-- ===== src/AclAuto.antt =====
-- src/domain/acl_auto.py: what a provider's access list means to the knowledge base, without an
-- administrator's mapping. A principal's fields are texts, empty where the provider gave none; the id of a
-- user or of a department is a number. `fold` is the function of that name, whose Unicode
-- decomposition is a library's, and `addresses` what `_EMAIL` finds in a text, in lower case.
pub mod Resolution
pub mod Passes
pub mod People
pub mod Groups
mod Examples
use qnsc_kb_backend.Prelude.{
  ℕ, zero, suc, ◌-◌, Bool, not, Option, none, some, List, [], ◌∷◌, map, nat_beq, if◌then◌else◌,
  is_some, length, filter, ◌==◌, nat_eq, string_eq, option_eq, elem,
}
use qnsc_kb_backend.Text.{text_eq, Text, codes, is_blank, words, join}

pub record Principal : Type 0 where
  pub principal_type : Text
  pub principal_id : Text
  pub principal_name : Text
  pub principal_login : Text
  pub principal_email : Text

pub record Department : Type 0 where
  pub id : ℕ
  pub name : Text
  pub company_domain : Text
  pub active : Bool

pub record User : Type 0 where
  pub id : ℕ
  pub email : Text
  pub company_domain : Text
  pub active : Bool

-- How a principal was resolved: a value of `resolved`.
pub data Via : Type 0 where
  via_company : Text → Via
  via_email : Text → ℕ → Via
  via_name : Text → ℕ → Via

pub record AutoResolution : Type 0 where
  pub users : List (Text × ℕ)
  pub department_ids : List ℕ
  pub resolved : List (Text × Via)
  pub without_account : List Text
  pub ignored : List Text

abbrev pub unresolved : AutoResolution
unresolved = record {
  users = [];
  department_ids = [];
  resolved = [];
  without_account = [];
  ignored = [];
}

abbrev user_types : List Text
user_types = map codes ("user" ∷ "siteUser" ∷ [])

abbrev group_types : List Text
group_types = map codes ("group" ∷ "siteGroup" ∷ [])

abbrev ignored_types : List Text
ignored_types = map codes ("application" ∷ "device" ∷ "unknown" ∷ [])

abbrev company_types : List Text
company_types = map codes ("domain" ∷ [])

abbrev company_links : List Text
company_links = map codes ("link:organization" ∷ "link:anonymous" ∷ [])

abbrev role_tokens : List Text
role_tokens = map codes (
    "members" ∷ "member" ∷ "owners" ∷ "owner" ∷ "visitors" ∷ "visitor" ∷ "thanh" ∷ "vien" ∷ "chu"
    ∷ "so" ∷ "huu" ∷ "khach" ∷ [])

abbrev role_phrases : List Text
role_phrases = map codes ("thanh vien" ∷ "chu so huu" ∷ "khach truy cap" ∷ "nguoi truy cap" ∷ [])

abbrev department_words : List Text
department_words = map codes (
    "phong" ∷ "ban" ∷ "bo" ∷ "phan" ∷ "department" ∷ "dept" ∷ "team" ∷ "group" ∷ "nhom" ∷ "division"
    ∷ [])

-- What is left of a text behind `part`, if it starts with it
after : Text → Text → Option Text
after [] s = some s
after (_ ∷ _) [] = none
after (a ∷ part) (b ∷ s) = let rest = after part s in if nat_beq a b then rest else none

-- text.replace(part, " ") for a `part` that is not empty. `skip` counts the characters of an
-- occurrence that are still to pass.
replace_from : Text → ℕ → Text → Text
unfolding after
replace_from part skip [] = []
replace_from part (suc skip) (c ∷ s) = replace_from part skip s
replace_from part zero (c ∷ s) =
    let found = is_some (after part (c ∷ s)) in
    let rest = replace_from part (if found then length part - 1 else 0) s in
    if found then 32 ∷ rest else c ∷ rest

unfoldable pub replace_phrases : List Text → Text → Text
unfolding replace_from
replace_phrases [] s = s
replace_phrases (phrase ∷ rest) s = replace_phrases rest (replace_from phrase 0 s)

-- while tokens and tokens[-1] in _ROLE_TOKENS: tokens.pop()
unfoldable pub drop_roles : List Text → List Text
drop_roles [] = []
drop_roles (t ∷ ts) = elim (drop_roles ts) [
  | [] ↦ if elem t role_tokens then [] else t ∷ []
  | u ∷ us ↦ t ∷ u ∷ us
]

-- The tokens that are no words for "department", with spaces between them
unfoldable pub join_names : List Text → Text
unfolding join
join_names tokens = join (codes " ") (filter (λ t. not (elem t department_words)) tokens)

-- matching[0] if len(matching) == 1 else None
unfoldable pub only : List ℕ → Option ℕ
only [] = none
only (id ∷ []) = some id
only (_ ∷ _ ∷ _) = none

module _ (fold : Text → Text) where
  unfoldable pub normalize_group_name : Text → Text
  unfolding replace_phrases drop_roles join_names words
  normalize_group_name name =
      join_names (drop_roles (words (replace_phrases role_phrases (fold name))))

  unfoldable pub normalize_department_name : Text → Text
  unfolding join_names words
  normalize_department_name name = join_names (words (fold name))

  unfoldable pub matching : Text → List (ℕ × Text) → List ℕ
  matching wanted departments =
      map (λ d. d.0) (filter (λ d. normalize_department_name d.1 == wanted) departments)

  -- The id of the one department with the group's name
  unfoldable pub match_department : Text → List (ℕ × Text) → Option ℕ
  match_department group_name departments =
      let wanted = normalize_group_name group_name in
      if is_blank wanted then none else only (matching wanted departments)

-- raw.rsplit("|", 1)[-1]
unfoldable pub after_bar : Text → Text
after_bar s = elim (bar_rest s) [ none ↦ s | some rest ↦ rest ]
  where
    -- What stands behind the last bar, if there is one
    bar_rest : Text → Option Text
    bar_rest [] = none
    bar_rest (c ∷ rest) = elim (bar_rest rest) [
      | some found ↦ some found
      | none ↦ if nat_beq c 124 then some rest else none
    ]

[What you have to do]:
Copy the records above exactly, from the first line through the line containing "pub mod Passes", and include nothing else.

[Exercise answer]:
-- ===== src/AclAuto.antt =====
-- src/domain/acl_auto.py: what a provider's access list means to the knowledge base, without an
-- administrator's mapping. A principal's fields are texts, empty where the provider gave none; the id of a
-- user or of a department is a number. `fold` is the function of that name, whose Unicode
-- decomposition is a library's, and `addresses` what `_EMAIL` finds in a text, in lower case.
pub mod Resolution
pub mod Passes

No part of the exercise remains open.